EXERCISE OBJECTIVE: Show every line in the entries below where the word "after" appears.

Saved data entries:
=== Section Start ===

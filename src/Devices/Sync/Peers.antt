-- ===== src/Devices/Sync/Peers.antt =====
-- Which peers the interface has after the operations on it.
use wg_access_server.Prelude.{
  ℕ, Bool, true, false, not, ◌&&◌, ◌||◌, ◌≡◌, refl, inl, inr, none, some, List, [], ◌∷◌, map, arith,
  ◌==◌, elem, list_eq, list_beq_iff, nat_eq, keep, Bool-cases, if◌then◌else◌,
}
use wg_access_server.Prelude.GoMap.{GoMap, get, put, get-put}
use wg_access_server.Prelude.Text.{Text}
use wg_access_server.Storage.{Device, access_allowed, allowed_ips}
use wg_access_server.Storage.Memory.{Memory}
use wg_access_server.Devices.Sync.{
  Peer, WireGuard, KeyForms, list_all_devices, allowed_keys, remove_stale, configured,
  is_configured, add_missing, sync_peers, apply_peer, blocked_keys, remove_each, remove_listed,
  remove_blocked_peers,
}

abbrev pub key_of : Peer → Text
key_of p = p.public_key

-- An interface whose operations do what they are asked: which keys have a peer, and how that changes.
pub record IsReliable (wg : WireGuard) : Type 0 where
  pub has : wg.State → Text → Bool
  -- the peers that are listed are those that are there
  pub has-list :
      (st : wg.State) (ps : List Peer) (key : Text)
      → wg.list_peers st ≡ some ps
      → has st key ≡ elem key (map key_of ps)
  pub has-add :
      (st : wg.State) (k preshared : Text) (ips : List Text) (key : Text)
      → has (wg.add_peer st k preshared ips) key ≡ (k == key || has st key)
  pub has-remove :
      (st : wg.State) (k key : Text)
      → has (wg.remove_peer st k) key ≡ (not (k == key) && has st key)

module _ {wg : WireGuard} (r : IsReliable wg) where
  has-remove_stale :
      (allowed : List Text) (ps : List Peer) (st : wg.State) (key : Text)
      → r.has (remove_stale wg allowed ps st) key
        ≡ (r.has st key && (elem key allowed || not (elem key (map key_of ps))))
  unfolding remove_stale elem
  has-remove_stale allowed [] st key = ground arith
  has-remove_stale allowed (p ∷ ps) st key = ground (
    arith,
    has-remove_stale allowed ps st key,
    has-remove_stale allowed ps (wg.remove_peer st p.public_key) key,
    r.has-remove st p.public_key key,
    list_beq_iff p.public_key key,
    list_beq_iff key p.public_key,
  )

  get-configured :
      (ps : List Peer) (m : GoMap Text Peer) (key : Text)
      → elem key (map key_of ps) ≡ false
      → get (configured wg ps m) key ≡ get m key
  unfolding configured elem
  get-configured [] m key h = refl
  get-configured (p ∷ ps) m key h = ground (
    arith,
    get-configured ps (put m p.public_key p) key,
    get-put m p.public_key key p,
    list_beq_iff p.public_key key,
    list_beq_iff key p.public_key,
  )

  module _ (f : KeyForms) (allowed : List Text) (present : GoMap Text Peer) (key : Text) where
    has-add_missing-refused :
        (devices : List Device) (st : wg.State)
        → elem key allowed ≡ false
        → r.has (add_missing wg f allowed present devices st) key ≡ r.has st key
    unfolding add_missing
    has-add_missing-refused [] st h = refl
    has-add_missing-refused (d ∷ devices) st h =
        elim (Bool-cases
          (not (elem d.public_key allowed) || is_configured wg f (get present d.public_key) d)) [
            | inl skipped ↦ ground (arith, has-add_missing-refused devices st h)
            | inr added ↦ ground (
              arith,
              has-add_missing-refused devices
                  (wg.add_peer st d.public_key d.preshared_key (allowed_ips d)) h,
              r.has-add st d.public_key d.preshared_key (allowed_ips d) key,
              list_beq_iff d.public_key key,
            )
          ]

    has-add_missing-kept :
        (devices : List Device) (st : wg.State)
        → r.has st key ≡ true
        → r.has (add_missing wg f allowed present devices st) key ≡ true
    unfolding add_missing
    has-add_missing-kept [] st h = h
    has-add_missing-kept (d ∷ devices) st h =
        let st' = wg.add_peer st d.public_key d.preshared_key (allowed_ips d) in
        ground (
          arith,
          has-add_missing-kept devices st,
          has-add_missing-kept devices st',
          r.has-add st d.public_key d.preshared_key (allowed_ips d) key,
        )

    has-add_missing-added :
        (devices : List Device) (st : wg.State)
        → elem key allowed ≡ true
        → get present key ≡ none
        → elem key (map (λ (d : Device). d.public_key) devices) ≡ true
        → r.has (add_missing wg f allowed present devices st) key ≡ true
    unfolding add_missing elem
    has-add_missing-added [] st h missing m = cc
    has-add_missing-added (d ∷ devices) st h missing m =
        let st' = wg.add_peer st d.public_key d.preshared_key (allowed_ips d) in
        elim (Bool-cases (key == d.public_key)) [
          | inl e ↦
              let same : key ≡ d.public_key = (list_beq_iff key d.public_key).0 e in
              ground (
                arith,
                has-add_missing-kept devices st',
                r.has-add st d.public_key d.preshared_key (allowed_ips d) key,
                list_beq_iff d.public_key key,
              )
          | inr e ↦
              ground (arith, has-add_missing-added devices st, has-add_missing-added devices st')
        ]

  allowed-listed :
      (devices : List Device) (now : ℕ) (key : Text)
      → elem key (allowed_keys devices now) ≡ true
      → elem key (map (λ (d : Device). d.public_key) devices) ≡ true
  unfolding allowed_keys keep elem
  allowed-listed [] now key h = h
  allowed-listed (d ∷ devices) now key h = ground (arith, allowed-listed devices now key)

  pub has-sync_peers :
      (f : KeyForms) (s : Memory) (now : ℕ) (st : wg.State) (ps : List Peer) (key : Text)
      → wg.list_peers st ≡ some ps
      → r.has (sync_peers wg f s now st).0 key ≡ elem key (allowed_keys (list_all_devices s) now)
  unfolding sync_peers get
  has-sync_peers f s now st ps key listed =
      let devices = list_all_devices s in
      let allowed = allowed_keys devices now in
      let present = configured wg ps [] in
      let st' = remove_stale wg allowed ps st in
      ground (
        arith,
        r.has-list st ps key listed,
        has-remove_stale allowed ps st key,
        get-configured ps [] key,
        allowed-listed devices now key,
        has-add_missing-refused f allowed present key devices st',
        has-add_missing-kept f allowed present key devices st',
        has-add_missing-added f allowed present key devices st',
      )

  -- With a reliable interface, the peer of a device's key is there after `applyPeer` if and only if
  -- the device may connect, and no other peer comes or goes.
  pub apply_peer-has :
      (d : Device) (now : ℕ) (st : wg.State) (key : Text)
      → r.has (apply_peer wg d now st) key
        ≡ (if d.public_key == key then access_allowed d now else r.has st key)
  unfolding apply_peer
  apply_peer-has d now st key = ground (
    arith,
    r.has-add st d.public_key d.preshared_key (allowed_ips d) key,
    r.has-remove st d.public_key key,
  )

  has-remove_each :
      (blocked : List Text) (ps : List Peer) (st : wg.State) (key : Text)
      → r.has (remove_each wg blocked ps st) key
        ≡ (r.has st key && not (elem key blocked && elem key (map key_of ps)))
  unfolding remove_each elem
  has-remove_each blocked [] st key = ground arith
  has-remove_each blocked (p ∷ ps) st key = ground (
    arith,
    has-remove_each blocked ps st key,
    has-remove_each blocked ps (wg.remove_peer st p.public_key) key,
    r.has-remove st p.public_key key,
    list_beq_iff p.public_key key,
    list_beq_iff key p.public_key,
  )

  has-remove_listed :
      (blocked : List Text) (ps : List Peer) (st : wg.State) (key : Text)
      → r.has st key ≡ elem key (map key_of ps)
      → r.has (remove_listed wg blocked (some ps) st) key ≡ (r.has st key && not (elem key blocked))
  has-remove_listed [] ps st key h = unfold elem in ground arith
  has-remove_listed (k ∷ ks) ps st key h = ground (arith, has-remove_each (k ∷ ks) ps st key)

  pub has-remove_blocked_peers :
      (s : Memory) (now : ℕ) (st : wg.State) (ps : List Peer) (key : Text)
      → wg.list_peers st ≡ some ps
      → r.has (remove_blocked_peers wg s now st) key
        ≡ (r.has st key && not (elem key (blocked_keys wg (list_all_devices s) now)))
  unfolding remove_blocked_peers
  has-remove_blocked_peers s now st ps key listed = rw listed (
      has-remove_listed (blocked_keys wg (list_all_devices s) now) ps st key
        (r.has-list st ps key listed))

=== Section End ===

EXERCISE RESULT:
-- Which peers the interface has after the operations on it.
  -- With a reliable interface, the peer of a device's key is there after `applyPeer` if and only if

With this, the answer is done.